Search
182-16-020  <<  182-16-025 >>   182-16-030

WAC 182-16-025

Agency filings affecting this section

Where do members appeal decisions regarding eligibility, enrollment, premium payments, premium surcharges, a PEBB wellness incentive, or the administration of benefits?

(1) Any employee of a state agency or his or her dependent aggrieved by a decision made by the employing state agency with regard to public employee benefits eligibility, enrollment, or premium surcharge may appeal that decision to the employing state agency by the process outlined in WAC 182-16-030.
Note:
Eligibility decisions address whether a subscriber or a subscriber's dependent is entitled to insurance coverage, as described in public employees benefits board (PEBB) rules and policies. Enrollment decisions address the application for PEBB benefits as described in PEBB rules and policies including, but not limited to, the submission of proper documentation and meeting enrollment deadlines.
(2) Any employee of an employer group or his or her dependent who is aggrieved by a decision made by an employer group with regard to PEBB eligibility, enrollment, premium surcharge, or a PEBB wellness incentive, may appeal that decision to the employer group through the process established by the employer group.
Exception:
Appeals by an employee of an employer group or his or her dependent based on eligibility or enrollment decisions regarding life insurance or LTD insurance must be made to the PEBB appeals committee by the process described in WAC 182-16-032.
(3) Any subscriber or dependent aggrieved by a decision made by the PEBB program with regard to public employee benefits eligibility, enrollment, premium payments, premium surcharge, or a PEBB wellness incentive, may appeal that decision to the PEBB appeals committee by the process described in WAC 182-16-032.
(4) Any PEBB enrollee aggrieved by a decision regarding the administration of a PEBB medical plan, self-insured dental plan, insured dental plan, life insurance or LTD insurance may appeal that decision by following the appeal provisions of those plans, with the exception of eligibility, enrollment, and premium payment determinations.
(5) Any PEBB enrollee aggrieved by a decision regarding the administration of PEBB long-term care insurance or property and casualty insurance may appeal that decision by following the appeal provisions of those plans.
(6) Any PEBB enrollee aggrieved by a decision regarding the medical flexible spending arrangement (FSA) or dependent care assistance program (DCAP) offered under the state's salary reduction plan may appeal that decision by the process described in WAC 182-16-036.
[Statutory Authority: RCW 41.05.160, 2013 2nd sp.s. c 4 and PEBB policy resolutions.
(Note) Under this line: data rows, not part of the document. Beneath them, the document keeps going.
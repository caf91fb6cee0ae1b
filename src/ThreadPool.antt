-- ===== src/ThreadPool.antt =====
-- src/pjl/thread_pool.h and src/pjl/thread_pool.cpp: the pool as a step relation, for any order of the threads. A
-- step is what a thread does while it has a lock, or between two of them: `t_lock_` and `t_busy_lock_` are
-- taken and released within a step, `q_lock_` over several. `pthread_cond_signal` unblocks a waiting thread if there
-- is one, and is lost otherwise; as its documentation allows, a wait may also end with no signal. Not modelled: the
-- destructor of the pool and the cancelling of threads.
pub mod Moves
pub mod Invariant
pub mod Signals
pub mod Progress
use swishxx.Common.{
  ℕ, zero, suc, ◌+◌, ◌-◌, ◌≤◌, ◌<◌, ◌≡◌, Bool, true, false, List, [], ◌∷◌, ◌++◌, ltb, ◌==◌,
  if◌then◌else◌, length, All,
}

-- Where a thread is in `thread_pool_thread_main`. `woken` is behind a wait, before it has `q_lock_` again; at `testing`
-- and `dying` it has it. The flag is whether the wait ended by a time-out. `taken` is between the two locks,
-- with a task.
pub data Pc : Type 0 where
  top waiting timed_waiting dying : Pc
  woken testing : Bool → Pc
  taken busy : ℕ → Pc

-- Where the caller of `new_task` is: the task is to be queued, or it waits for an idle thread first, or this wait has
-- ended.
pub data Client : Type 0 where
  outside : Client
  pushing idle_waiting idle_woken : ℕ → Client

-- `pushed` and `popped` record all the tasks that went into the queue, and out of it.
pub record Pool : Type 0 where
  pub q_locked : Bool
  pub queue : List ℕ
  pub t_busy : ℕ
  pub pushed : List ℕ
  pub popped : List ℕ

pub record State : Type 0 where
  pub pool : Pool
  pub threads : List Pc
  pub client : Client

abbrev pub set_q_locked : Bool → Pool → Pool
set_q_locked b p = record {
  q_locked = b;
  queue = p.queue;
  t_busy = p.t_busy;
  pushed = p.pushed;
  popped = p.popped;
}

abbrev pub set_t_busy : ℕ → Pool → Pool
set_t_busy n p = record {
  q_locked = p.q_locked;
  queue = p.queue;
  t_busy = n;
  pushed = p.pushed;
  popped = p.popped;
}

-- `queue_.front()`, `pop()` and the release of `q_lock_`.
abbrev pub pop : ℕ → List ℕ → Pool → Pool
pop task queue p = record {
  q_locked = false;
  queue = queue;
  t_busy = p.t_busy;
  pushed = p.pushed;
  popped = p.popped ++ (task ∷ []);
}

abbrev pub push : ℕ → Pool → Pool
push task p = record {
  q_locked = p.q_locked;
  queue = p.queue ++ (task ∷ []);
  t_busy = p.t_busy;
  pushed = p.pushed ++ (task ∷ []);
  popped = p.popped;
}

-- One step of a thread, while there are `n` threads.
pub data Move (min_threads n : ℕ) (p : Pool) : Pc → Pc → Pool → Type 0 where
  lock_queue : p.q_locked ≡ false → Move min_threads n p top (testing false) (set_q_locked true p)
  wait_task :
      {timed_out : Bool}
      → p.queue ≡ []
      → n ≤ min_threads
      → Move min_threads n p (testing timed_out) waiting (set_q_locked false p)
  wait_a_while :
      p.queue ≡ []
      → min_threads < n
      → Move min_threads n p (testing false) timed_waiting (set_q_locked false p)
  give_up : p.queue ≡ [] → min_threads < n → Move min_threads n p (testing true) dying p
  wake_up :
      {timed_out : Bool}
      → p.q_locked ≡ false
      → Move min_threads n p (woken timed_out) (testing timed_out) (set_q_locked true p)
  pop_task :
      {timed_out : Bool} {task : ℕ} {queue : List ℕ}
      → p.queue ≡ task ∷ queue
      → Move min_threads n p (testing timed_out) (taken task) (pop task queue p)
  start_task :
      {task : ℕ} → Move min_threads n p (taken task) (busy task) (set_t_busy (p.t_busy + 1) p)
  end_task : {task : ℕ} → Move min_threads n p (busy task) top (set_t_busy (p.t_busy - 1) p)

-- What `new_task` does under `t_lock_`.
pub data Turn : Type 0 where
  queue_task create_thread wait_idle refuse : Turn

unfoldable pub new_task_turn : ℕ → ℕ → ℕ → Bool → Turn
new_task_turn max_threads n t_busy block =
    if t_busy == n
    then (if ltb n max_threads then create_thread else if block then wait_idle else refuse)
    else queue_task

abbrev pub client_at : Turn → ℕ → Client
client_at wait_idle task = idle_waiting task
client_at refuse task = outside
client_at _ task = pushing task

abbrev pub created : Turn → List Pc → List Pc
created create_thread threads = top ∷ threads
created _ threads = threads

-- `pthread_cond_signal( &t_idle_ )`, which a thread calls just when it has found the queue empty.
abbrev pub signal_idle : Client → Client
signal_idle (idle_waiting task) = idle_woken task
signal_idle c = c

abbrev pub client_behind : Pc → Client → Client
client_behind waiting c = signal_idle c
client_behind timed_waiting c = signal_idle c
client_behind dying c = signal_idle c
client_behind _ c = c

-- One step of one of the threads.
pub data ThreadStep (min_threads : ℕ) : State → State → Type 0 where
  thread_moves :
      {p q : Pool} {c : Client} {pc pc' : Pc} (front back : List Pc)
      → Move min_threads (length (front ++ (pc ∷ back))) p pc pc' q
      → ThreadStep min_threads
          (record { pool = p; threads = front ++ (pc ∷ back); client = c })
          (record { pool = q; threads = front ++ (pc' ∷ back); client = client_behind pc' c })
  thread_ends :
      {p : Pool} {c : Client} (front back : List Pc)
      → ThreadStep min_threads
          (record { pool = p; threads = front ++ (dying ∷ back); client = c })
          (record { pool = set_q_locked false p; threads = front ++ back; client = c })

abbrev pub is_waiting : Pc → Bool
is_waiting waiting = true
is_waiting timed_waiting = true
is_waiting _ = false

-- `pthread_cond_signal( &q_not_empty_ )`: which thread is unblocked is not said.
pub data Signal : List Pc → List Pc → Type 0 where
  unblocks :
      (pc : Pc) (front back : List Pc)
      → is_waiting pc ≡ true
      → Signal (front ++ (pc ∷ back)) (front ++ (woken false ∷ back))
  unheard : {threads : List Pc} → All (λ pc. is_waiting pc ≡ false) threads → Signal threads threads

pub data Step (min_threads max_threads : ℕ) : State → State → Type 0 where
  thread_steps : {s t : State} → ThreadStep min_threads s t → Step min_threads max_threads s t
  time_out :
      {p : Pool} {c : Client} (front back : List Pc)
      → Step min_threads max_threads
          (record { pool = p; threads = front ++ (timed_waiting ∷ back); client = c })
          (record { pool = p; threads = front ++ (woken true ∷ back); client = c })
  spurious_wake :
      {p : Pool} {c : Client} (pc : Pc) (front back : List Pc)
      → is_waiting pc ≡ true
      → Step min_threads max_threads
          (record { pool = p; threads = front ++ (pc ∷ back); client = c })
          (record { pool = p; threads = front ++ (woken false ∷ back); client = c })
  new_task :
      {p : Pool} {threads : List Pc} (task : ℕ) (block : Bool)
      → Step min_threads max_threads
          (record { pool = p; threads = threads; client = outside })
          (record {
            pool = p;
            threads = created (new_task_turn max_threads (length threads) p.t_busy block) threads;
            client = client_at (new_task_turn max_threads (length threads) p.t_busy block) task;
          })
  client_spurious :
      {p : Pool} {threads : List Pc} {task : ℕ}
      → Step min_threads max_threads
          (record { pool = p; threads = threads; client = idle_waiting task })
          (record { pool = p; threads = threads; client = idle_woken task })
  client_wakes :
      {p : Pool} {threads : List Pc} {task : ℕ}
      → Step min_threads max_threads
          (record { pool = p; threads = threads; client = idle_woken task })
          (record { pool = p; threads = threads; client = pushing task })
  push_task :
      {p : Pool} {threads threads' : List Pc} {task : ℕ}
      → p.q_locked ≡ false
      → Signal threads threads'
      → Step min_threads max_threads
          (record { pool = p; threads = threads; client = pushing task })
          (record { pool = push task p; threads = threads'; client = outside })

-- The constructor: the prototype, and as many more as make `min_threads`.
abbrev pub create_threads : ℕ → List Pc
create_threads zero = []
create_threads (suc n) = top ∷ create_threads n

unfoldable pub initial : ℕ → State
initial min_threads = record {
  pool = record { q_locked = false; queue = []; t_busy = 0; pushed = []; popped = [] };
  threads = top ∷ create_threads (min_threads - 1);
  client = outside;
}

pub data Reach (min_threads max_threads : ℕ) : State → Type 0 where
  start : Reach min_threads max_threads (initial min_threads)
  later :
      {s t : State}
      → Reach min_threads max_threads s
      → Step min_threads max_threads s t
      → Reach min_threads max_threads t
WSR 14-08-040, § 182-16-025, filed 3/26/14, effective 4/26/14. Statutory Authority: RCW 41.05.160. WSR 12-20-022 (Order 2012-01), § 182-16-025, filed 9/25/12, effective 11/1/12. Statutory Authority: RCW 41.05.160 and 2011 c 8. WSR 11-22-036 (Order 11-02), § 182-16-025, filed 10/26/11, effective 1/1/12. Statutory Authority: RCW 41.05.160. WSR 10-20-147 (Order 10-02), § 182-16-025, filed 10/6/10, effective 1/1/11.]